Paul Nusko, 37, has been reporting fires and fake emergencies since childhood, court records show. He once said he “liked to see the fire trucks” and began setting fires in garbage cans to keep firefighters “busy,” prosecutors say. But his lawyer told U.S. District Judge Rebecca Pallmeyer that Nusko had “no evil intent.” Rather, he has an unaddressed mental illness.

Still, the judge said, “it has to stop.”

“Mr. Nusko has to find other ways of dealing with the pain in his life,” Pallmeyer said.

The judge went on to announce Nusko’s sentence, but she said it won’t formally be handed down until next week because of a paperwork error. She will also order him to get mental health treatment.
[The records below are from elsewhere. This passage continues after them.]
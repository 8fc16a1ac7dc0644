-- ===== src/Kernel.antt =====
-- The loop of kernel_main in src/kernel.c and the interrupt handlers of src/idt.c that run between
-- its steps. An interrupt may come before any step but not inside one: the read of the queue runs with
-- interrupts disabled, the check reads one word, and of what the handlers change the handling of an
-- event reads only the count of seconds, once.
pub mod Passes
pub mod Run
pub mod Progress
pub mod Prompt
pub mod Session
pub mod Start
pub mod Report
mod Tests
use bloreos.Base.{
  ℕ, zero, suc, ◌+◌, ◌^◌, ◌≡◌, Bool, true, false, List, [], ◌∷◌, Option, some, none, ltb,
  if◌then◌else◌, Ram, u8, u64, ◌>>=◌,
}
use bloreos.Atomic.{Outcome, returns, spins, halts, faults}
use bloreos.Queue.{CQueue, cqueue_read, cqueue_write}
use bloreos.Ps2.Keys.{KeyEvent}
use bloreos.Terminal.{Terminal}
use bloreos.Terminal.Input.{term_keyevent}
use bloreos.Hpet.{Hpet, hpet_isr, hpet_ack}
use bloreos.Lapic.{Lapic, lapic_eoi}

-- Where the loop is: at the check of num_items, inside the `if`, or with the code that was read.
pub data Place : Type 0 where
  checking fetching : Place
  handling : ℕ → Place

pub record Kernel : Type 0 where
  pub place : Place
  pub q_keyboard : CQueue
  pub scancode_map : ℕ → Option KeyEvent
  pub terminal : Terminal
  pub kernel_timer_secs : ℕ
  pub hpet : Hpet
  pub lapic : Lapic

-- q_keyboard->num_items > 0
unfoldable pub check : Kernel → Kernel
check k = record k { place = if ltb 0 k.q_keyboard.num_items then fetching else checking }

unfoldable pub after_read : Kernel → Outcome CQueue ℕ → Outcome Kernel ℕ
after_read k (returns q code) = returns (record k { place = handling code; q_keyboard = q }) code
after_read k spins = spins
after_read k (halts q) = halts (record k { q_keyboard = q })
after_read k faults = faults

-- The read with interrupts disabled.
unfoldable pub fetch : Kernel → Outcome Kernel ℕ
fetch k = after_read k (cqueue_read k.q_keyboard)

-- term_keyevent for the event of a code, if it has one; `stacks` is as in term_keyevent.
unfoldable pub key_event : (ℕ → Ram) → ℕ → Option KeyEvent → Terminal → Option Terminal
key_event stacks secs none t = some t
key_event stacks secs (some ke) t = term_keyevent stacks secs ke t

unfoldable pub handle : (ℕ → Ram) → ℕ → Kernel → Option Kernel
handle stacks code k =
    key_event stacks k.kernel_timer_secs (k.scancode_map code) k.terminal >>= λ t.
    some (record k { place = checking; terminal = t })

abbrev pub returned : Outcome Kernel ℕ → Option Kernel
returned (returns k code) = some k
returned spins = none
returned (halts k) = none
returned faults = none

-- What the loop does next without an interrupt; `none` is a step that does not return.
unfoldable pub step_at : (ℕ → Ram) → Kernel → Place → Option Kernel
step_at stacks k checking = some (check k)
step_at stacks k fetching = returned (fetch k)
step_at stacks k (handling code) = handle stacks code k

-- So many steps of `while(1)` without an interrupt. Step i, if it handles an event, finds `stacks i` on
-- the stack.
unfoldable pub loop : ℕ → (ℕ → ℕ → Ram) → Kernel → Option Kernel
loop zero stacks k = some k
loop (suc n) stacks k = step_at (stacks 0) k k.place >>= loop n (λ i. stacks (i + 1))

unfoldable pub after_write : Kernel → Outcome CQueue Bool → Outcome Kernel Bool
after_write k (returns q taken) =
    returns (record k { q_keyboard = q; lapic = lapic_eoi k.lapic }) taken
after_write k spins = spins
after_write k (halts q) = halts (record k { q_keyboard = q })
after_write k faults = faults

-- _handle_keyboard for the byte that the keyboard has. Whether the queue had room is what
-- cqueue_write returns, and is ignored there.
unfoldable pub handle_keyboard : ℕ → Kernel → Outcome Kernel Bool
handle_keyboard key k = after_write k (cqueue_write k.q_keyboard (u8 key))

-- _handle_timer
unfoldable pub handle_timer : Kernel → Kernel
handle_timer k = record k { hpet = hpet_ack (hpet_isr k.hpet); lapic = lapic_eoi k.lapic }

-- _handle_lapic_timer
unfoldable pub handle_lapic_timer : Kernel → Kernel
handle_lapic_timer k = record k {
  kernel_timer_secs = u64 (k.kernel_timer_secs + 1);
  lapic = lapic_eoi k.lapic;
}

-- What a step shows of the keys.
pub data Event : Type 0 where
  silent : Event
  pressed : ℕ → Bool → Event
  fetched : ℕ → Event

-- A step of the loop, or an interrupt.
pub data Step : Kernel → Event → Kernel → Type 0 where
  checks : {k : Kernel} → k.place ≡ checking → Step k silent (check k)
  fetches :
      {k k' : Kernel} (code : ℕ)
      → k.place ≡ fetching
      → fetch k ≡ returns k' code
      → Step k (fetched code) k'
  handles :
      {k k' : Kernel} (stacks : ℕ → Ram) (code : ℕ)
      → k.place ≡ handling code
      → handle stacks code k ≡ some k'
      → Step k silent k'
  keyboard :
      {k k' : Kernel} (key : ℕ) (taken : Bool)
      → handle_keyboard key k ≡ returns k' taken
      → Step k (pressed (u8 key) taken) k'
  timer : {k : Kernel} → Step k silent (handle_timer k)
  lapic_timer : {k : Kernel} → Step k silent (handle_lapic_timer k)
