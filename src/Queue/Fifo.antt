-- ===== src/Queue/Fifo.antt =====
-- What a client may expect of the circular queue: a list of at most `cap` words, oldest first.
use bloreos.Base.{
  ℕ, Bool, true, false, Option, none, some, List, [], ◌∷◌, ◌++◌, ◌==◌, if◌then◌else◌, length,
}

unfoldable pub push : ℕ → List ℕ → ℕ → List ℕ × Bool
push cap q x = if length q == cap then (q, false) else (q ++ (x ∷ []), true)

-- none: there is nothing to read
unfoldable pub pop : List ℕ → Option (List ℕ × ℕ)
pop [] = none
pop (x ∷ q) = some (q, x)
Nusko pleaded guilty in December to making a false distress call to the U.S. Coast Guard on May 5, 2014. That morning, Nusko called 911 on his cell phone and told the operator he saw a body in the Chicago River near 2700 South Ashland. Chicago police and fire responded, along with the Coast Guard. The agencies spent more than two hours looking for a body, prosecutors said. When the Coast Guard tried to reach back out to Nusko, he ignored their calls and voicemails, according to the feds.

The search cost the Coast Guard $28,181, which Nusko will be forced to repay. When he made the false claim, he was on parole for a 2007 aggravated arson conviction for starting a fire in a garbage can. He was sentenced to six years in prison but was released in 2011.

On May 16, 2014, Nusko again called 911 to report a body in the Chicago River, but only the Chicago police and fire departments responded. He also falsely reported a fire in a building at Archer and Ashland in March 2014.

Anthony Sassan, Nusko’s defense attorney, told the judge he believes Nusko’s fixation on fire trucks may somehow be rooted in the death of his mother — and the sight of emergency vehicles arriving at his home. While Nusko has also claimed to have been sexually abused, Sassan warned the judge Nusko “has a history of ‘making up’ stories as a method of gaining attention.”

Nusko suffers “from several mental health conditions” that likely served as the “guiding force” behind his behavior, Sassan wrote.